#### [Exercise aim]
Beginning with the line that contains "Bool) (table : Option RunLock)", transcribe every line down to the end of the entries, exactly, and no other lines.
+++ Source data
-- ===== src/Lock/Race.antt =====
-- What calls of Acquire lead to, alone and against each other.
use deespec.Base.{
  ℕ, ◌≡◌, ◌≢◌, ◌+◌, ◌≤◌, ◌⊎◌, inl, inr, Bool, true, false, not, ◌||◌, ◌&&◌, sym, Option, none, some,
  List, [], ◌∷◌, arith,
}
use deespec.Lock.RunLock.{RunLock, is_expired, new_run_lock}
use deespec.Lock.Acquire.{
  Phase, started, checking, inserting, refused, cleaning, acquired, Call, acquire_step, acquire,
  delete_stale,
}

-- A lock that may be taken: there is none, it has expired, or its process is gone.
abbrev pub free : (ℕ → Bool) → ℕ → Option RunLock → Bool
free running now none = true
free running now (some row) = is_expired row now || not (running row.pid)

-- Without interruption, Acquire takes a free lock and writes a new row for its process; a lock that is
-- not free is refused and keeps its row.
pub acquire_outcome :
    (running : ℕ → Bool) (ttl : ℕ) (call : Call) (table : Option RunLock)
    → (free running call.now table ≡ true)
        × (acquire running ttl call table ≡ (
          acquired (new_run_lock call.pid call.hostname ttl call.inserts_at),
          some (new_run_lock call.pid call.hostname ttl call.inserts_at),
        ))
      ⊎ (free running call.now table ≡ false) × (acquire running ttl call table ≡ (refused, table))
unfolding acquire
acquire_outcome running ttl call table = ground arith

-- Two calls that race for a lock, and their steps in any order.
pub record Pair : Type 0 where
  pub first : Phase
  pub second : Phase
  pub table : Option RunLock

abbrev pub at_start : Option RunLock → Pair
at_start table = record { first = started; second = started; table = table }

unfoldable pub race : (ℕ → Bool) → ℕ → Call → Call → List Bool → Pair → Pair
race running ttl p q [] s = s
race running ttl p q (true ∷ schedule) s =
    let (phase, table) = acquire_step running ttl p s.first s.table in
    race running ttl p q schedule (record { first = phase; second = s.second; table = table })
race running ttl p q (false ∷ schedule) s =
    let (phase, table) = acquire_step running ttl q s.second s.table in
    race running ttl p q schedule (record { first = s.first; second = phase; table = table })

-- The row that a call inserts.
abbrev pub row_of : ℕ → Call → RunLock
row_of ttl call = record {
  pid = call.pid;
  hostname = call.hostname;
  acquired_at = call.inserts_at;
  expires_at = call.inserts_at + ttl;
  heartbeat_at = call.inserts_at;
}

-- Two running processes, of which neither starts after the other's lock would expire.
pub record Rivals (running : ℕ → Bool) (ttl : ℕ) (p q : Call) : Type 0 where
  pub different : p.pid ≢ q.pid
  pub first_runs : running p.pid ≡ true
  pub second_runs : running q.pid ≡ true
  pub first_ordered : p.now ≤ p.inserts_at
  pub second_ordered : q.now ≤ q.inserts_at
  pub first_early : p.now ≤ q.inserts_at + ttl
  pub second_early : q.now ≤ p.inserts_at + ttl

-- The row is that of one of the two, or of a process that is neither.
abbrev pub Row : ℕ → Call → Call → Option RunLock → Type 0
Row ttl p q none = Unit
Row ttl p q (some row) =
    (row ≡ row_of ttl p) ⊎ (row ≡ row_of ttl q) ⊎ (row.pid ≢ p.pid) × (row.pid ≢ q.pid)

-- A call only removes the row of a third process, and one that has the lock still has its row.
abbrev Standing : ℕ → Call → Call → Phase → Option RunLock → Type 0
Standing ttl own rival (cleaning row) table = (row.pid ≢ own.pid) × (row.pid ≢ rival.pid)
Standing ttl own rival (acquired row) table = table ≡ some (row_of ttl own)
Standing ttl own rival started table = Unit
Standing ttl own rival checking table = Unit
Standing ttl own rival inserting table = Unit
Standing ttl own rival refused table = Unit

own_step :
    (running : ℕ → Bool) (ttl : ℕ) (own rival : Call) (phase other : Phase) (table : Option RunLock)
    → own.pid ≢ rival.pid
    → running rival.pid ≡ true
    → own.now ≤ rival.inserts_at + ttl
    → running own.pid ≡ true
    → own.now ≤ own.inserts_at + ttl
    → Row ttl own rival table
    → Standing ttl own rival phase table
    → Standing ttl rival own other table
    → Row ttl own rival (acquire_step running ttl own phase table).1
      × Standing ttl own rival
          (acquire_step running ttl own phase table).0
          (acquire_step running ttl own phase table).1
      × Standing ttl rival own other (acquire_step running ttl own phase table).1
unfolding acquire_step delete_stale is_expired new_run_lock
own_step running ttl own rival phase other table d r e r' e' row standing against = ground arith

Row-swap : (ttl : ℕ) (p q : Call) (table : Option RunLock) → Row ttl p q table → Row ttl q p table
Row-swap ttl p q none row = tt
Row-swap ttl p q (some row) (inl e) = inr (inl e)
Row-swap ttl p q (some row) (inr (inl e)) = inl e
Row-swap ttl p q (some row) (inr (inr (a, b))) = inr (inr (b, a))

abbrev pub has_lock : Phase → Bool
has_lock (acquired row) = true
has_lock _ = false

not_both :
    (ttl : ℕ) (p q : Call) (first second : Phase) (table : Option RunLock)
    → p.pid ≢ q.pid
    → Standing ttl p q first table
    → Standing ttl q p second table
    → has_lock first && has_lock second ≡ false
not_both ttl p q first second table different a b = ground arith

race-Standing :
    (running : ℕ → Bool) (ttl : ℕ) (p q : Call) (schedule : List Bool) (s : Pair)
    → Rivals running ttl p q
    → Row ttl p q s.table
    → Standing ttl p q s.first s.table
    → Standing ttl q p s.second s.table
    → has_lock (race running ttl p q schedule s).first
        && has_lock (race running ttl p q schedule s).second
      ≡ false
unfolding race
race-Standing running ttl p q [] s rivals row a b =
    not_both ttl p q s.first s.second s.table rivals.different a b
race-Standing running ttl p q (true ∷ schedule) s rivals row a b =
    let (row', a', b') =
      own_step running ttl p q s.first s.second s.table rivals.different rivals.second_runs
        rivals.first_early rivals.first_runs (omega (arith, rivals.first_ordered)) row a b in
    race-Standing running ttl p q schedule _ rivals row' a' b'
race-Standing running ttl p q (false ∷ schedule) s rivals row a b =
    let (row', b', a') =
      own_step running ttl q p s.second s.first s.table (λ e. rivals.different (sym e))
        rivals.first_runs rivals.second_early rivals.second_runs
        (omega (arith, rivals.second_ordered)) (Row-swap ttl p q s.table row) b a in
    race-Standing running ttl p q schedule _ rivals (Row-swap ttl q p _ row') a' b'

-- Two different running processes that call Acquire for a lock whose row, if there is one, is that of
-- a third process, never both get the lock, in any interleaving of their statements, provided that
-- each call looks at the clock before it inserts, and neither does so after the lock that the other
-- inserts would have expired.
pub race_excludes :
    (running : ℕ → Bool) (ttl : ℕ) (p q : Call) (schedule : List Bool) (table : Option RunLock)
    → Rivals running ttl p q
    → Row ttl p q table
    → has_lock (race running ttl p q schedule (at_start table)).first
        && has_lock (race running ttl p q schedule (at_start table)).second
      ≡ false
race_excludes running ttl p q schedule table rivals row =
    race-Standing running ttl p q schedule (at_start table) rivals row tt tt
++++++
#### [Response to this task]
    (running : ℕ → Bool) (ttl : ℕ) (p q : Call) (schedule : List Bool) (table : Option RunLock)
    → Rivals running ttl p q
    → Row ttl p q table
    → has_lock (race running ttl p q schedule (at_start table)).first
        && has_lock (race running ttl p q schedule (at_start table)).second
      ≡ false
race_excludes running ttl p q schedule table rivals row =
    race-Standing running ttl p q schedule (at_start table) rivals row tt tt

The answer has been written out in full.